▶ _Exercise directions_: Copy out each line of the data below in which "mono" appears.

[Records from a data collection]
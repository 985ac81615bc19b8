-- ===== src/Contract/Scanning.antt =====
-- internal/contract/jsonscan.go: what the scan answers on the tokens of a document, while the context
-- gives no error.
use ssemaphore.Prelude.{
  ℕ, zero, suc, ◌+◌, ◌≡◌, refl, Bool, true, false, Option, none, some, List, [], ◌∷◌, ltb,
  if◌then◌else◌,
}
use ssemaphore.Contract.Reason.{Reason, malformed_json, duplicate_key, nesting_limit}
use ssemaphore.Contract.Decoding.{
  JsonToken, delim, JsonDecoder, Consumes, Scan, M, has_key, as_text, token, more, close, raw_token,
  settle_token, is_delim,
}
use ssemaphore.Contract.Course.{Step, ok, fail, after, pure, refuse}
use ssemaphore.Contract.Decoding
use ssemaphore.Contract.Json.{scan_rest, scan_value, scan_fields, scan_items}
use ssemaphore.Contract.Documents.{
  Value, Items, Fields, text, number, flag, null, array, object, nil, cons, end, field, tokens,
  item_tokens, field_tokens, Gives, fault, fault_items, fault_fields,
}

-- Of an outcome within the fuel: `P` of a value with the state after it, and `E` of a reason.
abbrev pub Meets :
    {S A : Type 0}
    → Option (Step Reason A × Scan S)
    → (A → Scan S → Type 0)
    → (Reason → Type 0)
    → Type 0
Meets none P E = Unit {0}
Meets (some (ok a, s)) P E = P a s
Meets (some (fail e, s)) P E = E e

pub Meets-bind :
    {S A B : Type 0} (m : Option (Step Reason A × Scan S)) (f : A → M S B) (P : A → Scan S → Type 0)
    (Q : B → Scan S → Type 0) (D E : Reason → Type 0)
    → Meets m P D
    → ((e : Reason) → D e → E e)
    → ((a : A) (s : Scan S) → P a s → Meets (f a s) Q E)
    → Meets (elim m [ none ↦ none | some (r, s) ↦ after f r s ]) Q E
Meets-bind none f P Q D E h l k = tt
Meets-bind (some (ok a, s)) f P Q D E h l k = k a s h
Meets-bind (some (fail e, s)) f P Q D E h l k = l e h

pub Meets-if :
    {S A : Type 0} (b : Bool) (x y : M S A) (s : Scan S) (P : A → Scan S → Type 0)
    (E : Reason → Type 0)
    → (b ≡ true → Meets (x s) P E)
    → (b ≡ false → Meets (y s) P E)
    → Meets ((if b then x else y) s) P E
Meets-if true x y s P E h k = h refl
Meets-if false x y s P E h k = k refl

pub Meets-mono :
    {S A : Type 0} (m : Option (Step Reason A × Scan S)) (P Q : A → Scan S → Type 0)
    (D E : Reason → Type 0)
    → Meets m P D
    → ((a : A) (s : Scan S) → P a s → Q a s)
    → ((e : Reason) → D e → E e)
    → Meets m Q E
Meets-mono none P Q D E h k l = tt
Meets-mono (some (ok a, s)) P Q D E h k l = k a s h
Meets-mono (some (fail e, s)) P Q D E h k l = l e h

abbrev Never : Reason → Type 0
Never e = ⊥

module _ {S : Type 0} (j : JsonDecoder S) (ctx : ℕ → Bool) (calm : (n : ℕ) → ctx n ≡ false) where
  token-Gives :
      (e : Reason) (t : JsonToken) (ts : List JsonToken) (s : Scan S)
      → Gives j s.decoder (t ∷ ts)
      → Meets (token j ctx e s) (λ t' s'. (t' ≡ t) × Gives j s'.decoder ts) Never
  unfolding token raw_token settle_token
  token-Gives e t ts s (g, m, k) = rw (calm s.reads, g, calm (s.reads + 1)) (refl, k)

  more-Gives :
      (b : Bool) (ts : List JsonToken) (s : Scan S)
      → j.more s.decoder ≡ b
      → Gives j s.decoder ts
      → Meets (more j ctx s) (λ m s'. (m ≡ b) × Gives j s'.decoder ts) Never
  unfolding more
  more-Gives b ts s h g = (rw (calm s.reads, h) refl, g)

  close-Gives :
      (c : ℕ) (ts : List JsonToken) (s : Scan S)
      → is_delim c (delim c) ≡ true
      → Gives j s.decoder (delim c ∷ ts)
      → Meets (close j ctx malformed_json c s) (λ u s'. Gives j s'.decoder ts) Never
  unfolding close
  close-Gives c ts s h g =
      Meets-bind (token j ctx malformed_json s) _ _ _ Never Never
        (token-Gives malformed_json (delim c) ts s g) (λ e k. k) (λ t s' (e, k). rw (e, h) k)

  pub more-value :
      (v : Value) (rest : List JsonToken) (d : S) → Gives j d (tokens v rest) → j.more d ≡ true
  unfolding tokens
  more-value (text t) rest d (a, b, c) = b
  more-value (number t) rest d (a, b, c) = b
  more-value (flag t) rest d (a, b, c) = b
  more-value null rest d (a, b, c) = b
  more-value (array t) rest d (a, b, c) = b
  more-value (object t) rest d (a, b, c) = b

  module _ (maximum : ℕ) where
    if-fault :
        (b : Bool) (r : Reason) (e : Option Reason) → b ≡ true → (if b then some r else e) ≡ some r
    if-fault b r e h = rw h refl

    later-fault :
        (b : Bool) (r : Reason) (e x : Option Reason)
        → b ≡ false
        → e ≡ x
        → (if b then some r else e) ≡ x
    later-fault b r e x h k = rw h k

    abbrev Faults : Option Reason → Reason → Type 0
    Faults o e = o ≡ some e

    abbrev Rests : {A : Type 0} → Option Reason → List JsonToken → A → Scan S → Type 0
    Rests o rest a s = (o ≡ none) × Gives j s.decoder rest

    leaf :
        (f d : ℕ) (t : JsonToken) (rest : List JsonToken) (s : Scan S) (o : Option Reason)
        → Gives j s.decoder (t ∷ rest)
        → ((x y : M S (Unit {0})) → scan_rest t x y ≡ pure tt)
        → (ltb maximum d ≡ true → o ≡ some nesting_limit)
        → (ltb maximum d ≡ false → o ≡ none)
        → Meets (scan_value j ctx maximum f d s) (Rests o rest) (Faults o)
    unfolding scan_value
    leaf zero d t rest s o g p x y = tt
    leaf (suc f) d t rest s o g p x y =
        Meets-if (ltb maximum d) (refuse nesting_limit) _ s _ _ x (λ shallow.
          Meets-bind (token j ctx malformed_json s) _ _ _ Never (Faults o)
            (token-Gives malformed_json t rest s g) (λ e k. absurd k)
            (λ t' s' (e, k).
              rw (e, p (scan_fields j ctx maximum f d []) (scan_items j ctx maximum f d))
                (y shallow, k)))

    mutual
      unfolding scan_value tokens fault

      pub scan-value :
          (v : Value) (f d : ℕ) (rest : List JsonToken) (s : Scan S)
          → Gives j s.decoder (tokens v rest)
          → Meets
              (scan_value j ctx maximum f d s)
              (Rests (fault maximum d v) rest)
              (Faults (fault maximum d v))
      scan-value (text t) f d rest s g =
          leaf f d (Decoding.JsonToken.text t) rest s _ g (λ x y. refl) (λ h. rw h refl)
            (λ h. rw h refl)
      scan-value (number t) f d rest s g =
          leaf f d (Decoding.JsonToken.number t) rest s _ g (λ x y. refl) (λ h. rw h refl)
            (λ h. rw h refl)
      scan-value (flag t) f d rest s g =
          leaf f d (Decoding.JsonToken.flag t) rest s _ g (λ x y. refl) (λ h. rw h refl)
            (λ h. rw h refl)
      scan-value null f d rest s g =
          leaf f d Decoding.JsonToken.null rest s _ g (λ x y. refl) (λ h. rw h refl)
            (λ h. rw h refl)
      scan-value (array xs) zero d rest s g = tt
      scan-value (array xs) (suc f) d rest s g =
          Meets-if (ltb maximum d) (refuse nesting_limit) _ s _ _ (λ h. if-fault _ _ _ h)
            (λ shallow.
              Meets-bind (token j ctx malformed_json s) _ _ _ Never _
                (token-Gives malformed_json (delim b'[') (item_tokens xs rest) s g)
                (λ e k. absurd k)
                (λ t' s' (e, k). rw e (
                  Meets-mono (scan_items j ctx maximum f d s') _ _ _ _ (scan-items xs f d rest s' k)
                    (λ u s'' (z, w). (later-fault _ _ _ _ shallow z, w))
                    (λ e z. later-fault _ _ _ _ shallow z))))
      scan-value (object fs) zero d rest s g = tt
      scan-value (object fs) (suc f) d rest s g =
          Meets-if (ltb maximum d) (refuse nesting_limit) _ s _ _ (λ h. if-fault _ _ _ h)
            (λ shallow.
              Meets-bind (token j ctx malformed_json s) _ _ _ Never _
                (token-Gives malformed_json (delim b'{') (field_tokens fs rest) s g)
                (λ e k. absurd k)
                (λ t' s' (e, k). rw e (
                  Meets-mono (scan_fields j ctx maximum f d [] s') _ _ _ _
                    (scan-fields fs f d [] rest s' k)
                    (λ u s'' (z, w). (later-fault _ _ _ _ shallow z, w))
                    (λ e z. later-fault _ _ _ _ shallow z))))

      scan-items :
          (xs : Items) (f d : ℕ) (rest : List JsonToken) (s : Scan S)
          → Gives j s.decoder (item_tokens xs rest)
          → Meets
              (scan_items j ctx maximum f d s)
              (Rests (fault_items maximum (d + 1) xs) rest)
              (Faults (fault_items maximum (d + 1) xs))
      scan-items xs zero d rest s g = tt
      scan-items nil (suc f) d rest s g =
          Meets-bind (more j ctx s) _ _ _ Never _ (more-Gives false (item_tokens nil rest) s g.1 g)
            (λ e k. absurd k)
            (λ m s' (e, k). rw e (
              Meets-mono (close j ctx malformed_json b']' s') _ _ _ _
                (close-Gives b']' rest s' refl k) (λ u s'' z. (refl, z)) (λ e z. absurd z)))
      scan-items (cons v xs) (suc f) d rest s g =
          Meets-bind (more j ctx s) _ _ _ Never _
            (more-Gives true (item_tokens (cons v xs) rest) s (more-value v _ s.decoder g) g)
            (λ e k. absurd k)
            (λ m s' (e, k). rw e (
              Meets-bind (scan_value j ctx maximum f (d + 1) s') _ _ _ _ _
                (scan-value v f (d + 1) (item_tokens xs rest) s' k) (λ e z. rw z refl)
                (λ u s'' (z, w). rw z (scan-items xs f d rest s'' w))))

      scan-fields :
          (fs : Fields) (f d : ℕ) (keys : List (List ℕ)) (rest : List JsonToken) (s : Scan S)
          → Gives j s.decoder (field_tokens fs rest)
          → Meets
              (scan_fields j ctx maximum f d keys s)
              (Rests (fault_fields maximum (d + 1) keys fs) rest)
              (Faults (fault_fields maximum (d + 1) keys fs))
      scan-fields fs zero d keys rest s g = tt
      scan-fields end (suc f) d keys rest s g =
          Meets-bind (more j ctx s) _ _ _ Never _ (more-Gives false (field_tokens end rest) s g.1 g)
            (λ e k. absurd k)
            (λ m s' (e, k). rw e (
              Meets-mono (close j ctx malformed_json b'}' s') _ _ _ _
                (close-Gives b'}' rest s' refl k) (λ u s'' z. (refl, z)) (λ e z. absurd z)))
      scan-fields (field key v fs) (suc f) d keys rest s g =
          Meets-bind (more j ctx s) _ _ _ Never _
            (more-Gives true (field_tokens (field key v fs) rest) s g.1 g) (λ e k. absurd k)
            (λ m s' (e, k). rw e (
              Meets-bind (token j ctx malformed_json s') _ _ _ Never _
                (token-Gives malformed_json (Decoding.JsonToken.text key) _ s' k) (λ e k. absurd k)
                (λ t' s₁ (e, k). rw e (
                  Meets-if (has_key key keys) (refuse duplicate_key) _ s₁ _ _
                    (λ h. if-fault _ _ _ h)
                    (λ fresh. rw fresh (
                      Meets-bind (scan_value j ctx maximum f (d + 1) s₁) _ _ _ _ _
                        (scan-value v f (d + 1) (field_tokens fs rest) s₁ k) (λ e z. rw z refl)
                        (λ u s₂ (z, w). rw z (scan-fields fs f d (key ∷ keys) rest s₂ w))))))))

▶ _Solution for this exercise_:
pub Meets-mono :
Meets-mono none P Q D E h k l = tt
Meets-mono (some (ok a, s)) P Q D E h k l = k a s h
Meets-mono (some (fail e, s)) P Q D E h k l = l e h
                  Meets-mono (scan_items j ctx maximum f d s') _ _ _ _ (scan-items xs f d rest s' k)
                  Meets-mono (scan_fields j ctx maximum f d [] s') _ _ _ _
              Meets-mono (close j ctx malformed_json b']' s') _ _ _ _
              Meets-mono (close j ctx malformed_json b'}' s') _ _ _ _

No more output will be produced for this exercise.